How would you translate на этот раз in this context?


----------



## pimlicodude

Maroseika said:


> How would you translate на этот раз in this context?


Well, I'm thinking that в течение 30-х годов, уже в Риге could be "by the 1930s, in Riga", but that approaches two phrases, separated by a comma, as a single whole.


----------



## pimlicodude

pimlicodude said:


> "Already" is not an appropriate translation in English. The sentence from Turgenev appears to mean "by that time".
> 
> Maybe - speaking tentatively here - "already" refers to one step back in time in English (i.e. a present perfect relationship). Whereas these sentences above refer to two steps back in time (a past perfect/pluperfect relationship). i.e. in the 1930s (already one step back in the past), something had happened (a second step back in the past). But already is not used for pluperfect meanings (as far as I can see without investigating the matter too deeply) in English. Maybe someone here has looked more carefully into it?


I'm not sure about this explanation, as you can say "they had already finished their homework when I got there". There must be a better explanation. Maybe it relates to the fact that at the time of Solzhenitsyn's writing, the publishing house in Riga no longer existed? I'm clearly not sure what the difficulty is, but many uses of уже appear confusing.

Or with the imperfect? By the 1930s it was already being published in Riga?/was already coming out in Riga? 

а по-русски – в течение 30-х годов, уже в Риге cannot be directly translated. "And in Russian, in the course of the 1930, it was already in Riga" sounds very non-idiomatic.


----------



## Maroseika

Just "in Riga" doesn't contain anything of this уже.

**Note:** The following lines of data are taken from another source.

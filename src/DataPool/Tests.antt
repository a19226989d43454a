-- ===== src/DataPool/Tests.antt =====
-- Runs of internal/openinterest/limiter.go with a window of 100 ns for two requests, and the
-- theorems on it there.
use chomo_syncer_go.Base.{
  nat_eq, text_eq, or_default, ℕ, ◌+◌, ◌≡◌, refl, false, List, [], ◌∷◌, arith, pos,
}
use chomo_syncer_go.DataPool.{
  Config, Pool, new, prune, window_wait, count_at, used, pause_for, pause_remaining,
}
use chomo_syncer_go.DataPool.Wait.{Round, admitted, wait, wait_round, take_token}
use chomo_syncer_go.DataPool.Window.{
  Op, waits, counts, uses, pauses, apply, run, IsSpaced, run-IsSpaced,
}

abbrev settings : Config
settings = record { window_cap = pos 2; window = pos 100 }

abbrev ops : List Op
ops = counts 10 ∷ counts 20 ∷ counts 30 ∷ pauses (pos 5) 40 ∷ waits 90 ∷ counts 110 ∷ uses 115 ∷ []

abbrev instants : List ℕ
instants = 110 ∷ 20 ∷ 10 ∷ []

counted_after_ops : (run ops (new settings, [])).1 ≡ instants
unfolding run apply new count_at window_wait used pause_for prune or_default
counted_after_ops = refl

run-IsSpaced_example :
    IsSpaced (new settings).window (new settings).most (run ops (new settings, [])).1
run-IsSpaced_example = run-IsSpaced settings ops (
  omega arith,
  (omega arith, (omega arith, (omega arith, (omega arith, (omega arith, (omega arith, tt)))))),
)

abbrev full : Pool
full = record { window = 100; most = 2; paused_ns = 0; times = 10 ∷ 20 ∷ [] }

abbrev round_at : ℕ → Round
round_at t = record {
  ctx_err = false;
  now = t;
  at_pause = full;
  at_window = full;
  sleep_err = false;
  delay = 3;
  after = t + 3;
  at_recheck = full;
  at_record = full;
}

rounds_admit : (wait (round_at 30 ∷ round_at 110 ∷ [])).0 ≡ admitted
unfolding wait wait_round take_token window_wait count_at prune pause_remaining
rounds_admit = refl
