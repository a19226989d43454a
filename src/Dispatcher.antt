-- ===== src/Dispatcher.antt =====
-- internal/dispatcher/dispatcher.go: HandleKlineEvent, the monotonic guard, the closed-bar queue
-- and its workers. `F` and `parse_float` are those of Bars. What a sink answers changes only
-- metrics and logs, so a sink is the list of the calls made on it.
pub mod Guard
pub mod Jobs
mod Tests
use chomo_syncer_go.Base.{
  ltb, leb, if◌then◌else◌, ◌==◌, nat_eq, length, Text, codes, text_eq, Map, lookup, insert, ℕ, Bool,
  true, false, Option, none, some, List, [], ◌∷◌, ◌++◌, map, arith,
}
use chomo_syncer_go.Bars.{
  Result, ok, err, CompactBar, LiveBar, Row, KlineEvent, to_compact_bar, to_live_bar, to_row,
}

-- `closedJob`; `none` stands for `hasRow == false`.
pub record ClosedJob (F : Type 0) : Type 0 where
  pub symbol : Text
  pub interval : Text
  pub open_time : ℕ
  pub bar : CompactBar F
  pub row : Option (Row F)

pub data SinkCall (F : Type 0) : Type 0 where
  -- Live.TryEnqueue
  live_bar : Text → Text → LiveBar F → SinkCall F
  -- Window.PushBarAndTrim
  window_bar : Text → Text → CompactBar F → SinkCall F
  -- Archive.TryPush
  archive_row : Text → Row F → SinkCall F
  -- agg.mark
  section_mark : Text → Text → ℕ → SinkCall F

pub record Dispatcher (F : Type 0) : Type 0 where
  pub closed : Bool
  pub last_closed : Map Text ℕ
  pub capacity : ℕ
  pub queue : List (ClosedJob F)
  -- the jobs that workers have taken, in order
  pub taken : List (ClosedJob F)
  pub calls : List (SinkCall F)

pub data HandleError : Type 0 where
  is_closed is_busy : HandleError
  bad_field : Text → HandleError

-- The key of the guard's map.
unfoldable pub guard_key : Text → Text → Text
guard_key symbol interval = symbol ++ (codes "|" ++ interval)

abbrev not_newer : Option ℕ → ℕ → Bool
not_newer none t = false
not_newer (some prev) t = leb t prev

-- `acceptClosed`: the map is written only if the bar is newer than the last.
unfoldable pub accept_closed : Text → ℕ → Map Text ℕ → Bool × Map Text ℕ
accept_closed k t m = if not_newer (lookup k m) t then (false, m) else (true, insert k t m)

module _ {F : Type 0} where
  abbrev row_of : Result (Row F) → Option (Row F)
  row_of (ok r) = some r
  row_of (err name) = none

  -- The non-blocking send on the closed-bar channel.
  unfoldable pub enqueue : ClosedJob F → Dispatcher F → Dispatcher F × Option HandleError
  enqueue job d =
      if ltb (length d.queue) d.capacity
      then (record d { queue = d.queue ++ job ∷ [] }, none)
      else (d, some is_busy)

module _ {F : Type 0} (parse_float : Text → Option F) where
  -- Step 3 of `HandleKlineEvent`: the payloads and the hand-off.
  unfoldable pub hand_off : KlineEvent → Dispatcher F → Dispatcher F × Option HandleError
  unfolding enqueue
  hand_off e d = elim (to_compact_bar parse_float e) [
    | err name ↦ (d, some (bad_field name))
    | ok cb ↦
        enqueue
          (record {
            symbol = e.symbol;
            interval = e.interval;
            open_time = e.open_time;
            bar = cb;
            row = row_of (to_row parse_float e);
          })
          d
  ]

  -- Step 2: the guard.
  unfoldable pub guarded : KlineEvent → Dispatcher F → Dispatcher F × Option HandleError
  unfolding accept_closed guard_key hand_off
  guarded e d =
      let r = accept_closed (guard_key e.symbol e.interval) e.open_time d.last_closed in
      if r.0 then hand_off e (record d { last_closed = r.1 }) else (d, none)

  -- Step 1: the live snapshot, for every event that can be read.
  unfoldable pub snapshot :
      KlineEvent → Result (LiveBar F) → Dispatcher F → Dispatcher F × Option HandleError
  unfolding guarded
  snapshot e (err name) d = (d, some (bad_field name))
  snapshot e (ok lb) d =
      let d' = record d { calls = d.calls ++ live_bar e.symbol e.interval lb ∷ [] } in
      if e.is_final then guarded e d' else (d', none)

  -- `HandleKlineEvent`; `none` is a nil error.
  unfoldable pub handle_kline_event : KlineEvent → Dispatcher F → Dispatcher F × Option HandleError
  unfolding snapshot
  handle_kline_event e d =
      if d.closed then (d, some is_closed) else snapshot e (to_live_bar parse_float e) d

module _ {F : Type 0} where
  -- `handleClosed`: the window first, then the archive, then the section's mark.
  unfoldable pub handle_closed : ClosedJob F → List (SinkCall F)
  handle_closed job =
      window_bar job.symbol job.interval job.bar
      ∷ (elim job.row [ none ↦ [] | some r ↦ archive_row job.interval r ∷ [] ]
          ++ section_mark job.symbol job.interval job.open_time ∷ [])

  take_job : List (ClosedJob F) → Dispatcher F → Dispatcher F
  unfolding handle_closed
  take_job [] d = d
  take_job (job ∷ rest) d = record d {
    queue = rest;
    taken = d.taken ++ job ∷ [];
    calls = d.calls ++ handle_closed job;
  }

  -- One receive of a worker, in `worker` or in `drain`.
  unfoldable pub work : Dispatcher F → Dispatcher F
  unfolding take_job
  work d = take_job d.queue d

  -- `Close`, up to the drain by the workers.
  unfoldable pub close : Dispatcher F → Dispatcher F
  close d = record d { closed = true }

  unfoldable pub new : ℕ → Dispatcher F
  new capacity = record {
    closed = false;
    last_closed = [];
    capacity = capacity;
    queue = [];
    taken = [];
    calls = [];
  }

pub data Action : Type 0 where
  event : KlineEvent → Action
  works closes : Action

module _ {F : Type 0} (parse_float : Text → Option F) where
  unfoldable pub act : Action → Dispatcher F → Dispatcher F
  unfolding handle_kline_event work close
  act (event e) d = (handle_kline_event parse_float e d).0
  act works d = work d
  act closes d = close d

  -- Any interleaving of events, workers and the shutdown.
  unfoldable pub run : List Action → Dispatcher F → Dispatcher F
  run [] d = d
  run (a ∷ acts) d = run acts (act a d)
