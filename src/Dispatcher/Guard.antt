-- ===== src/Dispatcher/Guard.antt =====
-- internal/dispatcher/dispatcher.go: the closed path sees each key's bars in strictly rising order.
use mathlib.Core.List.{append_assoc, append-nil}
use chomo_syncer_go.Base.{
  ltb, if◌then◌else◌, Bool-cases, if-elim, ◌==◌, nat_eq, length, Text, text_beq_iff, text_eq, Map,
  lookup, lookup-insert, ℕ, suc, ◌≤◌, ◌≡◌, refl, sym, ap, subst, ◌∙◌, inl, inr, Bool, true, false,
  Option, none, some, List, [], ◌∷◌, ◌++◌, arith,
}
use chomo_syncer_go.Bars.{
  Result, ok, err, CompactBar, LiveBar, KlineEvent, to_compact_bar, to_live_bar,
}
use chomo_syncer_go.Dispatcher.{
  ClosedJob, Dispatcher, HandleError, Action, event, works, closes, guard_key, accept_closed,
  enqueue, hand_off, guarded, snapshot, handle_kline_event, take_job, work, new, act, run, live_bar,
}

module _ {F : Type 0} where
  -- The jobs handed to the workers so far, taken or still queued, in order.
  abbrev pub history : Dispatcher F → List (ClosedJob F)
  history d = d.taken ++ d.queue

  -- The open times of a key's jobs.
  unfoldable pub times : Text → List (ClosedJob F) → List ℕ
  times k [] = []
  times k (j ∷ js) =
      let rest = times k js in
      if guard_key j.symbol j.interval == k then j.open_time ∷ rest else rest

  times-append :
      (k : Text) (js ls : List (ClosedJob F)) → times k (js ++ ls) ≡ times k js ++ times k ls
  unfolding times
  times-append k [] ls = refl
  times-append k (j ∷ js) ls = ground (arith, times-append k js ls)

-- Strictly rising from `lo` on, and below `hi`.
abbrev pub Rising : ℕ → List ℕ → ℕ → Type 0
Rising lo [] hi = lo ≤ hi
Rising lo (t ∷ ts) hi = (lo ≤ t) × Rising (suc t) ts hi

Rising-mono : (lo hi hi' : ℕ) (ts : List ℕ) → hi ≤ hi' → Rising lo ts hi → Rising lo ts hi'
Rising-mono lo hi hi' [] h r = omega arith
Rising-mono lo hi hi' (t ∷ ts) h (l, r) = (l, Rising-mono (suc t) hi hi' ts h r)

Rising-snoc :
    (lo hi t : ℕ) (ts : List ℕ) → hi ≤ t → Rising lo ts hi → Rising lo (ts ++ t ∷ []) (suc t)
Rising-snoc lo hi t [] h r = omega arith
Rising-snoc lo hi t (u ∷ ts) h (l, r) = (l, Rising-snoc (suc u) hi t ts h r)

snoc-Rising :
    (lo hi t : ℕ) (ts : List ℕ) (own : Bool)
    → Rising 0 ts lo
    → lo ≤ hi
    → (own ≡ true → lo ≤ t)
    → (own ≡ true → hi ≡ suc t)
    → Rising 0 (ts ++ (if own then t ∷ [] else [])) hi
snoc-Rising lo hi t ts true r h l b = rw (b refl) (Rising-snoc 0 lo t ts (l refl) r)
snoc-Rising lo hi t ts false r h l b = rw append-nil (Rising-mono 0 lo hi ts h r)

-- One past the last open time that the guard let through for a key.
abbrev pub bound : Text → Map Text ℕ → ℕ
bound k m = elim (lookup k m) [ none ↦ 0 | some prev ↦ suc prev ]

accept_closed-bound :
    (k j : Text) (t : ℕ) (m : Map Text ℕ)
    → (accept_closed k t m).0 ≡ true
    → (bound k m ≤ t) × (bound j (accept_closed k t m).1 ≡ (if k == j then suc t else bound j m))
unfolding accept_closed
accept_closed-bound k j t m h = ground (arith, lookup-insert k j t m)

module _ {F : Type 0} (k : Text) where
  -- The history of the key rises strictly, and stays below the guard's bound.
  abbrev pub IsOrdered : Dispatcher F → Type 0
  IsOrdered d = Rising 0 (times k (history d)) (bound k d.last_closed)

  work-history : (d : Dispatcher F) → history (work d) ≡ history d
  unfolding work
  work-history d = go d.queue refl
    where
      go : (js : List (ClosedJob F)) → d.queue ≡ js → history (take_job js d) ≡ history d
      go [] e = refl
      go (j ∷ js) e = append_assoc d.taken (j ∷ []) js ∙ ap (◌++◌ d.taken) (sym e)

  work-last_closed : (d : Dispatcher F) → (work d).last_closed ≡ d.last_closed
  unfolding work
  work-last_closed d = go d.queue
    where
      go : (js : List (ClosedJob F)) → (take_job js d).last_closed ≡ d.last_closed
      go [] = refl
      go (j ∷ js) = refl

  times-snoc :
      (d : Dispatcher F) (job : ClosedJob F)
      → times k (d.taken ++ (d.queue ++ job ∷ []))
        ≡ times k (history d)
          ++ (if guard_key job.symbol job.interval == k then job.open_time ∷ [] else [])
  unfolding times
  times-snoc d job =
      ap (times k) (sym (append_assoc d.taken d.queue (job ∷ [])))
      ∙ times-append k (history d) (job ∷ [])

  enqueue-IsOrdered :
      (d : Dispatcher F) (job : ClosedJob F) (lo : ℕ)
      → Rising 0 (times k (history d)) lo
      → lo ≤ bound k d.last_closed
      → ((guard_key job.symbol job.interval == k) ≡ true → lo ≤ job.open_time)
      → ((guard_key job.symbol job.interval == k) ≡ true
          → bound k d.last_closed ≡ suc job.open_time)
      → IsOrdered (enqueue job d).0
  unfolding enqueue
  enqueue-IsOrdered d job lo r h l b = elim (Bool-cases (ltb (length d.queue) d.capacity)) [
    | inl room ↦
        rw (room, enqueue)
          (rw (times-snoc d job)
            (snoc-Rising lo (bound k d.last_closed) job.open_time (times k (history d)) _ r h l b))
    | inr full ↦ rw (full, enqueue) (Rising-mono 0 lo _ (times k (history d)) h r)
  ]

module _ {F : Type 0} (parse_float : Text → Option F) (k : Text) where
  hand_off-IsOrdered :
      (e : KlineEvent) (d : Dispatcher F) (lo : ℕ)
      → Rising 0 (times k (history d)) lo
      → lo ≤ bound k d.last_closed
      → ((guard_key e.symbol e.interval == k) ≡ true → lo ≤ e.open_time)
      → ((guard_key e.symbol e.interval == k) ≡ true → bound k d.last_closed ≡ suc e.open_time)
      → IsOrdered k (hand_off parse_float e d).0
  unfolding hand_off
  hand_off-IsOrdered e d lo r h l b = go (to_compact_bar parse_float e) refl
    where
      go :
          (c : Result (CompactBar F))
          → to_compact_bar parse_float e ≡ c
          → IsOrdered k (hand_off parse_float e d).0
      go (ok cb) q = rw (q, hand_off) (enqueue-IsOrdered k d _ lo r h l b)
      go (err name) q = rw (q, hand_off) (Rising-mono 0 lo _ (times k (history d)) h r)

  guarded-IsOrdered :
      (e : KlineEvent) (d : Dispatcher F) → IsOrdered k d → IsOrdered k (guarded parse_float e d).0
  unfolding guarded
  guarded-IsOrdered e d r = elim (Bool-cases (accept_closed gk e.open_time d.last_closed).0) [
    | inl y ↦
        let own = accept_closed-bound gk gk e.open_time d.last_closed y in
        let all = accept_closed-bound gk k e.open_time d.last_closed y in
        rw (y, guarded)
          (hand_off-IsOrdered e
            (record d { last_closed = (accept_closed gk e.open_time d.last_closed).1 })
            (bound k d.last_closed) r (ground (arith, own, all, text_beq_iff gk k))
            (λ h. ground (arith, own, all, text_beq_iff gk k)) (λ h. ground (arith, all)))
    | inr n ↦ rw (n, guarded) r
  ]
    where
      gk : Text
      gk = guard_key e.symbol e.interval

  snapshot-IsOrdered :
      (e : KlineEvent) (lb : Result (LiveBar F)) (d : Dispatcher F)
      → IsOrdered k d
      → IsOrdered k (snapshot parse_float e lb d).0
  unfolding snapshot
  snapshot-IsOrdered e (err name) d r = r
  snapshot-IsOrdered e (ok lb) d r =
      let d' = record d { calls = d.calls ++ live_bar e.symbol e.interval lb ∷ [] } in
      if-elim (λ (s : Dispatcher F × Option HandleError). IsOrdered k s.0) e.is_final
        (guarded-IsOrdered e d' r) r

  event-IsOrdered :
      (e : KlineEvent) (d : Dispatcher F)
      → IsOrdered k d
      → IsOrdered k (handle_kline_event parse_float e d).0
  unfolding handle_kline_event
  event-IsOrdered e d r =
      if-elim (λ (s : Dispatcher F × Option HandleError). IsOrdered k s.0) d.closed r
        (snapshot-IsOrdered e (to_live_bar parse_float e) d r)

  act-IsOrdered :
      (a : Action) (d : Dispatcher F) → IsOrdered k d → IsOrdered k (act parse_float a d)
  unfolding act
  act-IsOrdered (event e) d r = event-IsOrdered e d r
  act-IsOrdered works d r =
      subst (λ js. Rising 0 (times k js) (bound k (work d).last_closed)) (sym (work-history k d))
        (rw (work-last_closed k d) r)
  act-IsOrdered closes d r = r

  run-IsOrdered :
      (acts : List Action) (d : Dispatcher F) → IsOrdered k d → IsOrdered k (run parse_float acts d)
  unfolding run
  run-IsOrdered [] d r = r
  run-IsOrdered (a ∷ acts) d r = run-IsOrdered acts (act parse_float a d) (act-IsOrdered a d r)

  new-IsOrdered : (capacity : ℕ) → IsOrdered k (new {F = F} capacity)
  unfolding new times lookup
  new-IsOrdered capacity = omega arith

  -- Under every interleaving of events, each handled to its end, workers and the shutdown, from a
  -- new dispatcher, the jobs of one symbol and interval reach the workers with strictly rising open
  -- times: no replayed and no reordered bar is handed on.
  pub run-Rising :
      (acts : List Action) (capacity : ℕ)
      → let d = run parse_float acts (new capacity) in
        Rising 0 (times k (d.taken ++ d.queue)) (bound k d.last_closed)
  run-Rising acts capacity = run-IsOrdered acts (new capacity) (new-IsOrdered capacity)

On the other hand, the very уже in the original text looks stylistically bad for me, so maybe better omit it at all, indeed.


----------



## pimlicodude

Maroseika said:


> Just "in Riga" doesn't contain anything of this уже. On the other hand, the very уже in the original text looks stylistically bad for me, so maybe better omit it at all, indeed.


I suspect you are right there!


----------



## Vovan

pimlicodude said:


> The sentence from Turgenev appears to mean "by that time".


No, just "that time". Another way to see "уже" in the meaning under discussion is "not anymore... but":
_уже не в саду, а в гостиной _(=not anymore in the garden but in the living room)​_уже в Риге _(=not anymore at the above-mentioned place but in Riga)​


----------



## Vovan

pimlicodude said:


> By the 1930s it was already being published in Riga?/was already coming out in Riga?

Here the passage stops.